→ **MATERIAL FOR THE TASK**
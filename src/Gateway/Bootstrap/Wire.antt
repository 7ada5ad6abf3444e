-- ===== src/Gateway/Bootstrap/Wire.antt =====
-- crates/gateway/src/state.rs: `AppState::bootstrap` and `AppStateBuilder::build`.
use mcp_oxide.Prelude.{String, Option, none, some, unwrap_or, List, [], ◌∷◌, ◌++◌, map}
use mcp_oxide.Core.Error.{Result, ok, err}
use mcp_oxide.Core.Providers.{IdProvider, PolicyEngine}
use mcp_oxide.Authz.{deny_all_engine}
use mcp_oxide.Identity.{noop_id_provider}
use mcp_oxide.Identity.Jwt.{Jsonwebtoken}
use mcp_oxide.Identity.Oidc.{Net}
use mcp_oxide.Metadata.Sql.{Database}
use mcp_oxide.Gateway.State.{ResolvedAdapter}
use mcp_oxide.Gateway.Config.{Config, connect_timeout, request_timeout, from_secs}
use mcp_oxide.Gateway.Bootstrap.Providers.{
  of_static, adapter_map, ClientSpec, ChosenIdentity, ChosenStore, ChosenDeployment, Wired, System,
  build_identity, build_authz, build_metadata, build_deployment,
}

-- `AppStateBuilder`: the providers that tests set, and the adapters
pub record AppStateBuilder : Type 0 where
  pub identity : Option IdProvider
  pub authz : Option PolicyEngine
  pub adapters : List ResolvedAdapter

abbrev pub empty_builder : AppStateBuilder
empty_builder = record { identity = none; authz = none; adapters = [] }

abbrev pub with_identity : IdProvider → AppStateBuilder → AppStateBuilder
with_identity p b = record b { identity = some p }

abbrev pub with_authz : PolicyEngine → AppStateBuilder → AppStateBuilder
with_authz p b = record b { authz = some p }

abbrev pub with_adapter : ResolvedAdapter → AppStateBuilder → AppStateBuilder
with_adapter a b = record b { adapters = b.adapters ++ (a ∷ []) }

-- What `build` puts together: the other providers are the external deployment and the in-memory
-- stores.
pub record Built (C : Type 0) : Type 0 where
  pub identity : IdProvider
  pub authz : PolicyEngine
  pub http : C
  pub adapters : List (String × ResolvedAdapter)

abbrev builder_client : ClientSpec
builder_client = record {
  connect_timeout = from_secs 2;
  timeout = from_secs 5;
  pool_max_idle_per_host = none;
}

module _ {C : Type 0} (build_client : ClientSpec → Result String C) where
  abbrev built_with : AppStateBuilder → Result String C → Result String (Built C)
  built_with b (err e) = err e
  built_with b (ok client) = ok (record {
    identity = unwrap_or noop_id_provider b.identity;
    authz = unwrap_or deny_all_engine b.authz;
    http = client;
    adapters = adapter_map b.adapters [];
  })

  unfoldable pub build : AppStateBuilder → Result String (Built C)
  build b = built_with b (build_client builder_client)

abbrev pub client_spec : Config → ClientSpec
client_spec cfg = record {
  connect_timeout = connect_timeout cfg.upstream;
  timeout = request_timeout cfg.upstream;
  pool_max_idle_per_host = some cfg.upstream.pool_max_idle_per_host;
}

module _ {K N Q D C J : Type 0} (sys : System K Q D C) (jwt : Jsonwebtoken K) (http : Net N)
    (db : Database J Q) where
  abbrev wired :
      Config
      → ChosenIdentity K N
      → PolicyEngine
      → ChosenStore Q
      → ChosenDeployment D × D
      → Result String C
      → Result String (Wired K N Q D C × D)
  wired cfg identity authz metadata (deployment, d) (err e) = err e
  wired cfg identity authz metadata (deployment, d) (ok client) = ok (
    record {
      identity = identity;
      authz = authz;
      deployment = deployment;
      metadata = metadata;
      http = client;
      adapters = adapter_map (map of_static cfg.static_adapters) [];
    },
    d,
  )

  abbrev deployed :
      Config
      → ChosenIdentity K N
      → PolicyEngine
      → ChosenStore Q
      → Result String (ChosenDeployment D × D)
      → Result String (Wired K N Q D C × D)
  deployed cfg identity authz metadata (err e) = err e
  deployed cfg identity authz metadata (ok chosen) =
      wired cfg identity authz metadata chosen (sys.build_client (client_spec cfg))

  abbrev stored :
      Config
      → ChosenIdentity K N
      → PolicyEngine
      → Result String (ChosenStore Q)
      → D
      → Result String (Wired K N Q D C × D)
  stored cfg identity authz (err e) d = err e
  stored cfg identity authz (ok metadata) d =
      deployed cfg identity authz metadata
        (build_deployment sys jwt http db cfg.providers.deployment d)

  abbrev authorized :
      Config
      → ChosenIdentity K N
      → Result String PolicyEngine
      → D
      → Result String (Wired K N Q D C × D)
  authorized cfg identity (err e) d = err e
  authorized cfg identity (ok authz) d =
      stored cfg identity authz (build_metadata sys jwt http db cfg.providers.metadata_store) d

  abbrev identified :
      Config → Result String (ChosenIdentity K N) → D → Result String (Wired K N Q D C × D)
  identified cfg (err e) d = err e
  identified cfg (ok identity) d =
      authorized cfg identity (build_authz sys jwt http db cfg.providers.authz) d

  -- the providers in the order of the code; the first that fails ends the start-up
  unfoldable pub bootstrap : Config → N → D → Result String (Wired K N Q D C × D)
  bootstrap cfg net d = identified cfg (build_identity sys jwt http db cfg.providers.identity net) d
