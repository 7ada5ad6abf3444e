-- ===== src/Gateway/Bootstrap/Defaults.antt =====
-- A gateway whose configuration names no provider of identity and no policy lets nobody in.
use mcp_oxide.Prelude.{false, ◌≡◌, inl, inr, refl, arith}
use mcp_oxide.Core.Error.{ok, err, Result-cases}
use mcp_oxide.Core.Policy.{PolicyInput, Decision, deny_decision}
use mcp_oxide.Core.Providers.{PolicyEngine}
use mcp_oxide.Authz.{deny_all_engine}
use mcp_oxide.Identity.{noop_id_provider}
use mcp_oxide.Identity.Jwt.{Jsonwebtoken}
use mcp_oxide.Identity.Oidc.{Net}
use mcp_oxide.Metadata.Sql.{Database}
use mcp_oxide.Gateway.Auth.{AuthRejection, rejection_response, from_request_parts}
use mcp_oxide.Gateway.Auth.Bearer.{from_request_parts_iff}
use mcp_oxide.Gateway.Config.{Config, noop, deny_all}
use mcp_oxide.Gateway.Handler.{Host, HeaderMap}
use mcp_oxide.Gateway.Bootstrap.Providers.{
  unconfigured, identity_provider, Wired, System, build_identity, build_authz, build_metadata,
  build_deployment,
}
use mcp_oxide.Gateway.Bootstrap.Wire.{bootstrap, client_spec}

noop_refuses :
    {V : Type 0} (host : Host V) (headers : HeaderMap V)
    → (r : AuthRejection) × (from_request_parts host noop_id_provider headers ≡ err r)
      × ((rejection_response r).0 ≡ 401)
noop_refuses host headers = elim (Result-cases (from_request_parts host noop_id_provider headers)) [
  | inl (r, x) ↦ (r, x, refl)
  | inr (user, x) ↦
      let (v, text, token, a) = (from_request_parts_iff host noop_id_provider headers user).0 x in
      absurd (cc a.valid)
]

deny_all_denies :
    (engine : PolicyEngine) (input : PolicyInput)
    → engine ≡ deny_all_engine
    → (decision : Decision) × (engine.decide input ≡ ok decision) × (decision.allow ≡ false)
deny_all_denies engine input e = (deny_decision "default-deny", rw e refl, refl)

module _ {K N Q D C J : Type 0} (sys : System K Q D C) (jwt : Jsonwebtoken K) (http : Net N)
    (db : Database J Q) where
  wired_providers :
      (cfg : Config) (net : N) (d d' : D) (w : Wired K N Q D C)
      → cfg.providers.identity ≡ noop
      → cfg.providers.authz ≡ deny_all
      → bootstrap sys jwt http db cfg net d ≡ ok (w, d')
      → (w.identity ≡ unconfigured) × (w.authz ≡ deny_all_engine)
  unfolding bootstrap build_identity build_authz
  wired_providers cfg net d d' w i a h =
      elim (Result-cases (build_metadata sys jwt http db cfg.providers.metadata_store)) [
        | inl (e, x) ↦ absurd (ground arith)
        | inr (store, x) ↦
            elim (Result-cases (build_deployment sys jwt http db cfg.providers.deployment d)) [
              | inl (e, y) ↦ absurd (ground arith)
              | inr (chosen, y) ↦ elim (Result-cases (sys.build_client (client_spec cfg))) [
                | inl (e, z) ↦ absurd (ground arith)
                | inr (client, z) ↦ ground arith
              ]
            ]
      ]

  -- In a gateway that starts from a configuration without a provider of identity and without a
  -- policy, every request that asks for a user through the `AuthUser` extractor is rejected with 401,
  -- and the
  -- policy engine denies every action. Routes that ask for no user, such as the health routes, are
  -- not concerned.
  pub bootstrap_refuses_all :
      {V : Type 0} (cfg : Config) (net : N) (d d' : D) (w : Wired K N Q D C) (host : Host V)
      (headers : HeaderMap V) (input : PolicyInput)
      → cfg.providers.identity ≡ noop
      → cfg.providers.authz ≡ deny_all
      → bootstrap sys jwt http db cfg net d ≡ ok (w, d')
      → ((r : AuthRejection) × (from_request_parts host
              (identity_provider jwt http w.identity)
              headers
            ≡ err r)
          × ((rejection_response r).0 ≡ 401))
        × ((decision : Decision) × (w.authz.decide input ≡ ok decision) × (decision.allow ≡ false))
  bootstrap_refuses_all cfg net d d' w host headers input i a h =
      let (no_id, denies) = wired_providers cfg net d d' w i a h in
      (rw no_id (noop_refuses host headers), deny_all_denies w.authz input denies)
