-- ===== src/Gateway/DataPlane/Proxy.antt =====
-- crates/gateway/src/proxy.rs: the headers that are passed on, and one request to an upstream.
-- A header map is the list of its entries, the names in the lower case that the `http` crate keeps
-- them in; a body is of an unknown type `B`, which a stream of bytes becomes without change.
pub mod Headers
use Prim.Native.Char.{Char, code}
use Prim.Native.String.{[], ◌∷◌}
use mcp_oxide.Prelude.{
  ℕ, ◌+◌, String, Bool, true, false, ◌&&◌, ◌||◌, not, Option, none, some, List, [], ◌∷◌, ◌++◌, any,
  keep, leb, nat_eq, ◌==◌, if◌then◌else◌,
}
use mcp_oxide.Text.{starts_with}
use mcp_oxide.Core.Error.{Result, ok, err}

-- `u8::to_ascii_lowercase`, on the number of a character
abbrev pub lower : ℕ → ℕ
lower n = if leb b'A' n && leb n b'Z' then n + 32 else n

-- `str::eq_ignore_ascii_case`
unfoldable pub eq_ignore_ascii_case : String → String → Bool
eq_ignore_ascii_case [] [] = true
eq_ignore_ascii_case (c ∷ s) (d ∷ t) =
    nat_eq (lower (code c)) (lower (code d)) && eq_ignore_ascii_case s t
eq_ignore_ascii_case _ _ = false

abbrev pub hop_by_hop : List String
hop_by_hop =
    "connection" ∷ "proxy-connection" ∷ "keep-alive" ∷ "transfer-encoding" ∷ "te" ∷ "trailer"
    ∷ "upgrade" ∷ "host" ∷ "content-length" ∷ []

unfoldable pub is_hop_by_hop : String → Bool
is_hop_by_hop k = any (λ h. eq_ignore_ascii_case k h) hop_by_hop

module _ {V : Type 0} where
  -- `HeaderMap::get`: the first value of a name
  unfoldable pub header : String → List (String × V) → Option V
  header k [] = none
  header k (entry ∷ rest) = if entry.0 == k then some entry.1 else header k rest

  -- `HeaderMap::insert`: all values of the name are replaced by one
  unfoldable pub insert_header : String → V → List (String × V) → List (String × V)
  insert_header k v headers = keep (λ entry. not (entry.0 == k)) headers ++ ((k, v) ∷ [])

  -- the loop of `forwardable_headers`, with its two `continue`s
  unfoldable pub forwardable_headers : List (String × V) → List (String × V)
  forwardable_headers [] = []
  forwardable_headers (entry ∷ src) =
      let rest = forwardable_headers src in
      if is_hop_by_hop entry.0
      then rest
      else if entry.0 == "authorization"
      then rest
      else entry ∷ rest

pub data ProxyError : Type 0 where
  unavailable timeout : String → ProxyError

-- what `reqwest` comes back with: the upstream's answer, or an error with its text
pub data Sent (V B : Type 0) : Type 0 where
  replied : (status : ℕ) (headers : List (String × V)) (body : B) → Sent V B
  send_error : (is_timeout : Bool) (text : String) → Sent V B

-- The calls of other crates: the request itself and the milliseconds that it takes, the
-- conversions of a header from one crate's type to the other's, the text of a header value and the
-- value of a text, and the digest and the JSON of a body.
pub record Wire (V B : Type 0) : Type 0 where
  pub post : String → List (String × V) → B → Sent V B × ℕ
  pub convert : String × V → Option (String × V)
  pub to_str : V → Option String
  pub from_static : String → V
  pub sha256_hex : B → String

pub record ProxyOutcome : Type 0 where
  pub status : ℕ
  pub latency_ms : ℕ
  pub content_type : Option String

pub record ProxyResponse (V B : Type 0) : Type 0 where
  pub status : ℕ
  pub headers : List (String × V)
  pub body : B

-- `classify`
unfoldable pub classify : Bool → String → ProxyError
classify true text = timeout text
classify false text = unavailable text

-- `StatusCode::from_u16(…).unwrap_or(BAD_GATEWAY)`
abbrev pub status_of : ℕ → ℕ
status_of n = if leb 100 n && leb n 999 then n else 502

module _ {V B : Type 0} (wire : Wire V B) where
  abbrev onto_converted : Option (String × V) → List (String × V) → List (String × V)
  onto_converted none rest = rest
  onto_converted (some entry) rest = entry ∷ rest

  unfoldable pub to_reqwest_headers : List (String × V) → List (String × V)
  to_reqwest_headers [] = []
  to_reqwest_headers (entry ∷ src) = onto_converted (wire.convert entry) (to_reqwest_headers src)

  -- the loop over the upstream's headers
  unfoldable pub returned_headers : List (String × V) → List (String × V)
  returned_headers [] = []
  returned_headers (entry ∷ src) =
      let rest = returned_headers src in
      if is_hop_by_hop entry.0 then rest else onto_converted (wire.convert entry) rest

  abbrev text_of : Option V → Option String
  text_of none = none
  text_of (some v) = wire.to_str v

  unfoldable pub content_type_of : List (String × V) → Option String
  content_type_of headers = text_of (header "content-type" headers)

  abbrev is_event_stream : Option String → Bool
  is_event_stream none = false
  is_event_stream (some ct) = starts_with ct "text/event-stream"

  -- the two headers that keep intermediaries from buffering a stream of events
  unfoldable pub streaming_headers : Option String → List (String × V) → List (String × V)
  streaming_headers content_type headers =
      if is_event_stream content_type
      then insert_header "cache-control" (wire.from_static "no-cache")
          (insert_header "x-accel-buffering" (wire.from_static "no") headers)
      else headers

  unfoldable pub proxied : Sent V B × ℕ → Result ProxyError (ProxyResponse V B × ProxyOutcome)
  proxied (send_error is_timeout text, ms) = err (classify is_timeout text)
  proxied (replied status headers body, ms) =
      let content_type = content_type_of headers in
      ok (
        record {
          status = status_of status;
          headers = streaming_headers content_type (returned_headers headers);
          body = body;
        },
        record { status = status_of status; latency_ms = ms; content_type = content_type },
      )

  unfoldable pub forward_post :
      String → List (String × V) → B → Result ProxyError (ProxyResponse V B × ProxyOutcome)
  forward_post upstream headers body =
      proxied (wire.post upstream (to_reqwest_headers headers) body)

→ **EXERCISE OBJECTIVE**
Your answer should be the lines from the one containing "let content_type = content_type_of" through the last line of the records, repeated exactly and with nothing added.

→ **RESPONSE FOR THIS EXERCISE**
      let content_type = content_type_of headers in
      ok (
        record {
          status = status_of status;
          headers = streaming_headers content_type (returned_headers headers);
          body = body;
        },
        record { status = status_of status; latency_ms = ms; content_type = content_type },
      )

  unfoldable pub forward_post :
      String → List (String × V) → B → Result ProxyError (ProxyResponse V B × ProxyOutcome)
  forward_post upstream headers body =
      proxied (wire.post upstream (to_reqwest_headers headers) body)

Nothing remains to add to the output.